The Readiness Gap Undercutting The AI Hype

The headline paradox is stark. Eighty-seven percent of leaders believe a year from now, AI will have revolutionized roles and accountabilities, yet just 29% say their workforce has the skills, training, and support to make it work. High confidence in innovation mechanics — 90% have faith in their tools and processes to enable them to test and scale new ideas — but 57% acknowledge they continue to get bogged down by underlying technology issues on a regular basis.

Table of Contents
  • The Readiness Gap Undercutting The AI Hype
  • What the 13 Percent Do Differently to Scale AI
  • Why Everyone Else Stalls on Enterprise AI Scaling
  • How to Bridge the AI Readiness Gap Right Now
  • The Bottom Line on Turning AI Pilots into Impact
AI aspirations outpace reality; only 13% executing

The result is a broadening “readiness gap.” The energy proof of concept for many players exists, but the plumbing to support it doesn’t. Even though 54% claim to see measurable ROI from AI pilots, 62% admit efforts are still stuck in pilot mode. That mix — early success without a solid enterprise foundation — is the reason why momentum seems to disappear between a cool demo and a changed operating model.

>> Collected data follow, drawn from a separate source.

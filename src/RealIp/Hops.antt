-- ===== src/RealIp/Hops.antt =====
-- The address of a client is the nearest hop that no trusted proxy stands for.
use bagel.Prelude.{
  String, ◌≡◌, refl, inl, inr, Bool, not, Option, none, some, List, [], ◌∷◌, if◌then◌else◌,
  Bool-cases, Option-cases, keep,
}
use bagel.RealIp.{contains, scan, client_ip, reverse, split_commas, peel}

module _ {ℓ κ} {Ip : Type ℓ} {IpNetwork : Type κ} (covers : IpNetwork → Ip → Bool)
    (parse_entry : String → Option Ip) where
  -- The entries that are addresses.
  pub hops : List String → List Ip
  hops [] = []
  hops (entry ∷ entries) = elim (parse_entry entry) [
    | none ↦ hops entries
    | some ip ↦ ip ∷ hops entries
  ]

  pub head_or {μ} : {A : Type μ} → A → List A → A
  head_or a [] = a
  head_or a (x ∷ xs) = x

  scan-some :
      (trusted : List IpNetwork) (peer valid : Ip) (es : List String)
      → scan covers parse_entry trusted peer (some valid) es
        ≡ head_or valid (keep (λ ip. not (contains covers trusted ip)) (hops es))
  unfolding scan head_or hops
  scan-some trusted peer valid [] = refl
  scan-some trusted peer valid (entry ∷ es) = elim (Option-cases (parse_entry entry)) [
    | inl e ↦ rw (e, scan, hops) (scan-some trusted peer valid es)
    | inr (ip, e) ↦ elim (Bool-cases (not (contains covers trusted ip))) [
      | inl outside ↦ rw (e, scan, hops, outside) refl
      | inr inside ↦ rw (e, scan, hops, inside) (scan-some trusted peer valid es)
    ]
  ]

  scan-none :
      (trusted : List IpNetwork) (peer : Ip) (es : List String)
      → scan covers parse_entry trusted peer none es
        ≡ head_or (head_or peer (hops es)) (keep (λ ip. not (contains covers trusted ip)) (hops es))
  unfolding scan head_or hops
  scan-none trusted peer [] = refl
  scan-none trusted peer (entry ∷ es) = elim (Option-cases (parse_entry entry)) [
    | inl e ↦ rw (e, scan, hops) (scan-none trusted peer es)
    | inr (ip, e) ↦ elim (Bool-cases (not (contains covers trusted ip))) [
      | inl outside ↦ rw (e, scan, hops, outside) refl
      | inr inside ↦ rw (e, scan, hops, inside) (scan-some trusted peer ip es)
    ]
  ]

  -- Behind a trusted peer, the client's address is the hop of the header closest to the peer
  -- that is not trusted; if all are trusted, the closest hop; if the header holds none, the
  -- peer. An untrusted peer is the client.
  pub client_ip-hops :
      (trusted : List IpNetwork) (peer : Ip) (header : String)
      → let nearest = hops (reverse (split_commas header)) in
        client_ip covers parse_entry trusted peer (some header) ≡ (
          if contains covers trusted peer
          then head_or
              (head_or peer nearest)
              (keep (λ ip. not (contains covers trusted ip)) nearest)
          else peer)
  unfolding client_ip peel
  client_ip-hops trusted peer header = elim (Bool-cases (contains covers trusted peer)) [
    | inl inside ↦ rw inside (scan-none trusted peer (reverse (split_commas header)))
    | inr outside ↦ rw outside refl
  ]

These findings are consistent with those of other studies. Atlassian has seen increased use of AI tools by the workforce but without an organization-wide productivity uptick. Cisco’s AI readiness work also highlights data security, network capacity, and governance as common blockers to scale.

What the 13 Percent Do Differently to Scale AI

The pacesetters marry vision with investment and discipline. Instead, they’ll likely try to steel their data foundations, lay the foundation for robust MLOps, and codify model governance on day one as it relates to algorithms. Their own employees use A.I. more on a weekly basis — some 66 percent do, compared to 63 percent for followers and 56 percent for laggards — but the real dividing line is what that usage translates into in terms of business results.

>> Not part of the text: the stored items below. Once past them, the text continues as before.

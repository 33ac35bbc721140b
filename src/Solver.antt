-- ===== src/Solver.antt =====
-- crates/bagel-solver/src/codec.rs: the sealed blobs that a page and its solver exchange.
pub mod Seal
pub mod Codec
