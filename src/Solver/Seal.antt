-- ===== src/Solver/Seal.antt =====
-- `keystream`: bytes under an xorshift32 stream.
use bagel.Prelude.{
  ℕ, zero, suc, ◌+◌, ◌*◌, ◌/◌, ◌%◌, ◌^◌, ◌<◌, ◌≡◌, refl, ap, ◌∙◌, inl, inr, Bool, true, false, ◌&&◌,
  List, [], ◌∷◌, arith, ltb, ◌==◌, if◌then◌else◌, ltb→lt, Bool-cases, ==→≡, &&-true, length, All,
}
use Prim.Native.Nat.{bit_xor, bit_or}

-- One round of the generator on its 32 bits.
unfoldable pub advance : ℕ → ℕ
advance state =
    let a = bit_xor state (state * 2 ^ 13 % 2 ^ 32) in
    let b = bit_xor a (a / 2 ^ 17) in bit_xor b (b * 2 ^ 5 % 2 ^ 32)

pub seal : ℕ → List ℕ → List ℕ
seal state [] = []
seal state (b ∷ bs) = bit_xor b (advance state / 2 ^ 24 % 256) ∷ seal (advance state) bs

-- `u32::from_le_bytes`.
unfoldable pub from_le_bytes : List ℕ → ℕ
from_le_bytes [] = 0
from_le_bytes (b ∷ bs) = b + 256 * from_le_bytes bs

unfoldable pub keystream : List ℕ → List ℕ → List ℕ
keystream iv bytes = seal (bit_or (from_le_bytes iv) 1) bytes

abbrev pub IsBytes : List ℕ → Type 0
IsBytes = All (λ b. b < 256)

-- The test passes on every number under the bound.
passes : (ℕ → Bool) → ℕ → Bool
passes test zero = true
passes test (suc k) = if test k then passes test k else false

passes-under : (test : ℕ → Bool) (k m : ℕ) → m < k → passes test k ≡ true → test m ≡ true
unfolding passes
passes-under test zero m small full = absurd (omega (arith, small))
passes-under test (suc k) m small full = elim (Bool-cases (test k)) [
  | inr miss ↦ absurd (cc (rw miss at full))
  | inl hit ↦ elim (Bool-cases (m == k)) [
    | inl here ↦ ap test (==→≡ m k here) ∙ hit
    | inr there ↦ passes-under test k m (ground arith) (rw hit at full)
  ]
]

undone : ℕ → ℕ → Bool
undone y x = (bit_xor (bit_xor x y) y == x) && ltb (bit_xor x y) 256

undone_table : passes (λ y. passes (undone y) 256) 256 ≡ true
unfolding passes undone
undone_table = refl

bit_xor_byte : (x y : ℕ) → x < 256 → y < 256 → undone y x ≡ true
bit_xor_byte x y h k =
    passes-under (undone y) 256 x h (passes-under (λ z. passes (undone z) 256) 256 y k undone_table)

-- The stream undoes itself, and keeps bytes bytes.
pub seal-seal :
    (state : ℕ) (bs : List ℕ)
    → IsBytes bs
    → (seal state (seal state bs) ≡ bs) × IsBytes (seal state bs)
unfolding seal undone
seal-seal state [] h = (refl, tt)
seal-seal state (b ∷ bs) h =
    let (back, bound) =
      &&-true _ _ (bit_xor_byte b (advance state / 2 ^ 24 % 256) h.0 (omega arith)) in
    let (rest, bytes) = seal-seal (advance state) bs h.1 in
    (rw (==→≡ _ b back, rest) refl, (ltb→lt _ 256 bound, bytes))

pub seal-length : (state : ℕ) (bs : List ℕ) → length (seal state bs) ≡ length bs
unfolding seal
seal-length state [] = refl
seal-length state (b ∷ bs) = ap suc (seal-length (advance state) bs)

They like funding AI in the way of product development, not technology experiments. That’s portfolio management, stage gates tied to value, and cross-functional ownership that includes data, security, compliance, and business unit P&L. Incentives match the goal: teams are measured on cycle time, defect rates, or customer resolution (risk reduction), not just model accuracy.

Pacesetters also standardize building blocks and reclaim development cycles:

  • Retrieval-augmented generation on regulated data
  • Shared feature stores
  • Reusable connectors
  • Observability dashboards
  • Unbundling engineering work from one-off projects

On a stable path with clear guardrails, they get there faster because there’s less reliance on chance.

Why Everyone Else Stalls on Enterprise AI Scaling

For most organizations, the hurdles are less about algorithms and more about architecture, talent, and change management. Even with reasonable use cases, fragmented data estates, brittle legacy systems, and a lack of clear ownership bog customers down. Security and compliance teams have no shared risk frameworks with which to slam on the brakes. Procurement cycles and vendor sprawl jack up prices before the value ever arrives.

Illustration of AI aspirations outpacing reality, only 13% executing initiatives

Skills are another fault line. Leaders tend to more easily overestimate the readiness for work when a few power users adopt and go above and beyond, but then the median employee hasn’t been trained at all, and frontline managers have no idea how to re-engineer workflows. Without role redesign, AI is instead a bolt-on that raises load, rather than a spark plug that lifts toil.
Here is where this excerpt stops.